Mumbai, Maharastra -- (SBWIRE) -- 08/29/2010 -- To name them a few, the foreign patients get a very low cost Lower Gastrointestinal Surgery in India comes with the availability of latest and modern medical technologies enabled hospitals. The growing compliance on international quality standards, as well as the fact that foreigners are not likely to face a language barrier also is the other reasons why there is a rush. While hospitals and medical units catering the Lower Gastrointestinal Surgery in India have the Joint Commission International (JCI) and National Accreditation Board (NABH) certification, which of late have mushroomed all across the country. While the surgeons and medical team catering Lower Gastrointestinal Surgery in India are the most competent with most of the have massive experience of handling complex cases both here and abroad.

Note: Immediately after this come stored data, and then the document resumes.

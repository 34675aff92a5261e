-- ===== src/TimerQueue/Order.antt =====
-- TimerQueue: `timers_` stays in order, and `getExpired` cuts it at the right place.
use mynuduo.Base.{if_rule, ℕ, ◌≤◌, ◌<◌, ◌≡◌, refl, ap, true, false, List, [], ◌∷◌, ◌++◌, arith}
use mynuduo.TimerQueue.{
  Entry, entry_lt, insert_entry, erase_entry, same_entry, split_before, sentry, addr_max,
}

-- Every element of a list.
abbrev pub Each : (Entry → Type 0) → List Entry → Type 0
Each P [] = Unit {0}
Each P (x ∷ xs) = P x × Each P xs

-- Strictly rising, as a `std::set` keeps its elements.
abbrev pub IsSorted : List Entry → Type 0
IsSorted [] = Unit {0}
IsSorted (x ∷ xs) = Each (λ y. entry_lt x y ≡ true) xs × IsSorted xs

pub Each-mono :
    (P Q : Entry → Type 0) (xs : List Entry) → ((y : Entry) → P y → Q y) → Each P xs → Each Q xs
Each-mono P Q [] f h = tt
Each-mono P Q (x ∷ xs) f h = (f x h.0, Each-mono P Q xs f h.1)

entry_lt_trans : (a b c : Entry) → entry_lt a b ≡ true → entry_lt b c ≡ true → entry_lt a c ≡ true
entry_lt_trans a b c p q = ground arith

pub insert_entry-Each :
    (P : Entry → Type 0) (e : Entry) (xs : List Entry)
    → P e
    → Each P xs
    → Each P (insert_entry e xs)
unfolding insert_entry
insert_entry-Each P e [] p h = (p, tt)
insert_entry-Each P e (x ∷ xs) p h =
    if_rule (Each P) (entry_lt e x) (λ _. (p, h))
      λ _. if_rule (Each P) (entry_lt x e) (λ _. (h.0, insert_entry-Each P e xs p h.1)) λ _. h

pub insert_entry-IsSorted :
    (e : Entry) (xs : List Entry) → IsSorted xs → IsSorted (insert_entry e xs)
unfolding insert_entry
insert_entry-IsSorted e [] h = (tt, tt)
insert_entry-IsSorted e (x ∷ xs) h =
    if_rule IsSorted (entry_lt e x)
      (λ lt. (
        (
          lt,
          Each-mono (λ y. entry_lt x y ≡ true) (λ y. entry_lt e y ≡ true) xs
              (λ y. entry_lt_trans e x y lt) h.0,
        ),
        h,
      ))
      λ _.
        if_rule IsSorted (entry_lt x e)
          (λ gt. (
            insert_entry-Each (λ y. entry_lt x y ≡ true) e xs gt h.0,
            insert_entry-IsSorted e xs h.1,
          ))
          λ _. h

-- An address of the machine is below UINTPTR_MAX.
abbrev pub IsAddr : Entry → Type 0
IsAddr e = e.addr < addr_max

before_sentry : (now : ℕ) (e : Entry) → IsAddr e → entry_lt e (sentry now) ≡ true → e.when ≤ now
before_sentry now e h lt = ground arith

past_sentry : (now : ℕ) (e : Entry) → IsAddr e → entry_lt e (sentry now) ≡ false → now < e.when
past_sentry now e h ge = ground arith

later_than : (now : ℕ) (x y : Entry) → now < x.when → entry_lt x y ≡ true → now < y.when
later_than now x y h lt = ground arith

-- A cut of `xs` at the time `now`: nothing is lost, what is before is due, what is after is not.
pub record CutAt (now : ℕ) (xs before rest : List Entry) : Type 0 where
  pub whole : before ++ rest ≡ xs
  pub due : Each (λ e. e.when ≤ now) before
  pub later : Each (λ e. now < e.when) rest
  pub sorted : IsSorted rest

pub split_before-CutAt :
    (now : ℕ) (xs : List Entry)
    → IsSorted xs
    → Each IsAddr xs
    → CutAt now xs (split_before (sentry now) xs).0 (split_before (sentry now) xs).1
unfolding split_before
split_before-CutAt now [] h a = record { whole = refl; due = tt; later = tt; sorted = tt }
split_before-CutAt now (x ∷ xs) h a =
    if_rule (λ (p : List Entry × List Entry). CutAt now (x ∷ xs) p.0 p.1) (entry_lt x (sentry now))
      (λ lt.
        let c = split_before-CutAt now xs h.1 a.1 in
        record {
          whole = ap (◌∷◌ x) c.whole;
          due = (before_sentry now x a.0 lt, c.due);
          later = c.later;
          sorted = c.sorted;
        })
      λ ge. record {
        whole = refl;
        due = tt;
        later = (
          past_sentry now x a.0 ge,
          Each-mono (λ y. entry_lt x y ≡ true) (λ y. now < y.when) xs
              (λ y lt. later_than now x y (past_sentry now x a.0 ge) lt) h.0,
        );
        sorted = h;
      }

pub erase_entry-Each :
    (P : Entry → Type 0) (e : Entry) (xs : List Entry) → Each P xs → Each P (erase_entry e xs)
unfolding erase_entry
erase_entry-Each P e [] h = tt
erase_entry-Each P e (x ∷ xs) h =
    if_rule (Each P) (same_entry x e) (λ _. h.1) λ _. (h.0, erase_entry-Each P e xs h.1)

pub erase_entry-IsSorted : (e : Entry) (xs : List Entry) → IsSorted xs → IsSorted (erase_entry e xs)
unfolding erase_entry
erase_entry-IsSorted e [] h = tt
erase_entry-IsSorted e (x ∷ xs) h =
    if_rule IsSorted (same_entry x e) (λ _. h.1)
      λ _. (erase_entry-Each (λ y. entry_lt x y ≡ true) e xs h.0, erase_entry-IsSorted e xs h.1)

Lower Gastrointestinal is defined as an abnormal Intraluminal blood loss from a source distal to the Treitz ligamentum. Lower Gastrointestinal bleeding is classified under three groups according to the amount of bleeding. Massive hemorrhage is a life-threatening condition and requires transfusion of at least 5 units of blood. An emergency operation is required in approximately 10% of patients with Lower Gastrointestinal bleeding. When the bleeding point is localized, perform a limited segmental resection of the small or large bowel. A limited segmental resection is preferred because it can be performed with low morbidity, mortality, and rebleeding rates. If the patient is hemodynamically unstable because ongoing hemorrhage, perform an emergency Lower Gastrointestinal surgery before any diagnostic study. In these cases, the surgeon makes every attempt to diagnose the bleeding point intraoperatively. Intraoperative EGD, surgeon-guided enteroscopy, and colonoscopy may be helpful in diagnosing undiagnosed massive GI bleeding. Depending on the availability of local resources and the patient's condition, it may sometimes be better to perform subtotal colectomy under Lower Gastrointestinal Surgery with distal ileal inspection than to try to achieve these other tests, particularly if the surgeon is not privileged or comfortable with endoscopy. If the bleeding point cannot be diagnosed following a thorough intraoperative endoscopy and examination and if evidence points to colonic bleeding, perform a subtotal colectomy with ileorectal anastomosis.